В первый же день сотник проверил, на что способен Федька. Собрав всех своих людей перед острогом, Корнилий представил им нового товарища и велел ему показать, как тот стреляет из лука. Федор, не прекословя, взялся за лук и одну за другой поразил все мишени.
– А теперь – с коня, – потребовал Михальский.

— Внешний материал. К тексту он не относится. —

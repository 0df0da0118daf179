-- ===== src/Redis/Pool/Exceeded.antt =====
-- pool.go: callers that look at the limit at the same time all dial.
use pepperbus.Base.{
  ℕ, zero, suc, ◌+◌, ◌≤◌, ◌≡◌, refl, false, ◌∷◌, length, arith, true, [], ◌++◌, ap, ◌∙◌, ltb,
}
use pepperbus.Base.Int.{ℤ, pos, pos_part, int64, ◌+ℤ◌, ◌-ℤ◌, ltb_ℤ}
use pepperbus.Base.Text.{Text}
use pepperbus.Redis.Pool.{
  PoolConn, Pool, new_pool, is_full, inc, dec, count_created, count_pushed, count_used, used, idle,
  Users, Run, no_users, checks, dialed, clears, sends, counts, takes, uses, done, then_step,
}

abbrev conn : PoolConn
conn = record { id = 0; last_active_time = pos 0; is_idle = false; has_err = false }

-- k callers have looked, and j of them have a connection.
abbrev looking : Pool → ℕ → Users
looking p k = record (no_users p) { dialing = k }

look :
    (dials k : ℕ) (p : Pool)
    → is_full p ≡ false
    → k ≤ dials
    → Run dials k (no_users p) (looking p k)
look dials zero p free h = done (no_users p)
look dials (suc k) p free h =
    then_step (look dials k p free (omega (arith, h)))
      (checks (looking p k) free (omega (arith, h)))

-- The channel is empty, no connection counts as idle, and one may.
record Ready (max max_idle : ℕ) (w : Users) : Type 0 where
  limit : w.pool.max_conn_num ≡ pos max
  idle_limit : w.pool.max_idle_num ≡ pos max_idle
  none_idle : w.pool.idle_num ≡ pos 0
  empty : w.pool.client_pool ≡ []

-- One connection from its dialing over the channel to its caller.
dial_one :
    (dials max max_idle n k : ℕ) (u w : Users)
    → 1 ≤ max
    → Ready max max_idle w
    → Run dials n u w
    → w.dialing ≡ suc k
    → (m : ℕ) × (v : Users) × Run dials m u v
      × Ready max max_idle v
      × (v.dialing ≡ k)
      × (length v.lent ≡ suc (length w.lent))
unfolding count_created count_pushed count_used
dial_one dials max max_idle n k u w h ready run e =
    let c = idle conn in
    let w1 : Users = record w {
      pool = count_created w.pool;
      dialing = k;
      pushing = c ∷ w.pushing;
    } in
    let w2 : Users = record w1 { pushing = w.pushing; cleared = c ∷ w.cleared } in
    let w3 : Users = record w2 {
      pool = record w2.pool { client_pool = w2.pool.client_pool ++ c ∷ [] };
      cleared = w.cleared;
      sent = suc w.sent;
    } in
    let w4 : Users = record w3 { pool = count_pushed w3.pool; sent = w.sent } in
    let w5 : Users = record w4 {
      pool = record w4.pool { client_pool = [] };
      taken = c ∷ w.taken;
    } in
    let w6 : Users = record w5 {
      pool = count_used w5.pool;
      taken = w.taken;
      lent = used c ∷ w.lent;
    } in
    let few_idle : ltb_ℤ w.pool.max_idle_num w.pool.idle_num ≡ false =
      rw (ready.idle_limit, ready.none_idle) (ground arith) in
    let room : ltb (length w.pool.client_pool) (pos_part w.pool.max_conn_num) ≡ true =
      rw (ready.empty, ready.limit) (ground (arith, h)) in
    let waiting : w4.pool.client_pool ≡ c ∷ [] = ap (λ l. l ++ c ∷ []) ready.empty in
    let back : w6.pool.idle_num ≡ pos 0 =
      ap (λ z. dec (inc z)) ready.none_idle ∙ (unfold int64 ◌+ℤ◌ ◌-ℤ◌ in refl) in
    (
      _,
      w6,
      then_step
          (then_step
            (then_step
              (then_step
                (then_step (then_step run (dialed w k conn e refl))
                  (clears w1 [] c w.pushing refl few_idle))
                (sends w2 [] c w.cleared refl room))
              (counts w3 w.sent refl))
            (takes w4 c [] waiting))
          (uses w5 (pos 0) true [] c w.taken refl (ground arith)),
      record { limit = ready.limit; idle_limit = ready.idle_limit; none_idle = back; empty = refl },
      refl,
      refl,
    )

dial :
    (dials max max_idle n k : ℕ) (u w : Users)
    → 1 ≤ max
    → Ready max max_idle w
    → Run dials n u w
    → w.dialing ≡ k
    → (m : ℕ) × (v : Users) × Run dials m u v × (length v.lent ≡ k + length w.lent)
dial dials max max_idle n zero u w h ready run e = (n, w, run, omega arith)
dial dials max max_idle n (suc k) u w h ready run e =
    let (m, v, run', ready', left, len) = dial_one dials max max_idle n k u w h ready run e in
    let (m', v', more, len') = dial dials max max_idle m k u v h ready' run' left in
    (m', v', more, omega (arith, len, len'))

-- For any number of callers that dial at a time there is a run of a new pool, with a limit of one
-- connection or more and a limit of idle ones that is not negative, in which they all have a
-- connection in the end: the limit does not hold.
pub limit_exceeded :
    (address password : Text) (max callers max_idle : ℕ) (seconds : ℤ)
    → 1 ≤ max
    → (m : ℕ) × (w : Users) × Run callers m
        (no_users (new_pool address password (pos max) (pos max_idle) seconds))
        w
      × (length w.lent ≡ callers)
unfolding new_pool
limit_exceeded address password max callers max_idle seconds h =
    let p = new_pool address password (pos max) (pos max_idle) seconds in
    let free : is_full p ≡ false = unfold is_full int64 ◌+ℤ◌ in ground (arith, h) in
    let ready : Ready max max_idle (looking p callers) = record {
      limit = refl;
      idle_limit = refl;
      none_idle = refl;
      empty = refl;
    } in
    let (m, w, run, len) =
      dial callers max max_idle callers callers (no_users p) (looking p callers) h ready
        (look callers callers p free (omega arith)) refl in
    (m, w, run, omega (arith, len))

С коня Панин отстрелялся не хуже, отчего наблюдавшие за упражнением татары довольно зацокали языками: «Чек якши», – очень хорошо, стало быть. Корнилий же ничего не сказал и велел принести лозу для рубки с коня. Это вышло у боярского сына куда хуже, но в общем он справился. После чего проверили, как он бьется саблей пеший. А вот тут парень оплошал: как оказалось, любой из сотни владеет специально затупленной для поединков саблей лучше него. Посмотрев на нахватавшего синяков и шишек, тяжело дышавшего боярского сына, Корнилий велел дать учебную саблю ему самому и вызвал против себя сразу троих. Федька завороженно смотрел, как лихо сотник отбивается от нападавших на него казаков. Клинок, казалось, был продолжением его руки; ни секунды не оставаясь на одном месте, сотник кружился между противниками как волчок, заставляя их сталкиваться и мешать друг другу. Наконец вдоволь наигравшись, Михальский перешел в атаку, выбил саблю у одного, сбил с ног с другого и обратил в бегство последнего.
– Вот как надо! – наставительно сказал он Федьке. – Ну да не беда, научим.
Учеба началась на следующий день, и небо сразу показалось отроку с овчинку. Поднявшись рано утром и коротко помолившись, ратники брались за сабельное учение. Сначала Корнилий показывал сабельный прием, и все должны были его повторить, причем сотник придирчиво смотрел за чистотой его исполнения. После этого, разбившись на пары, до седьмого пота звенели саблями в учебных поединках.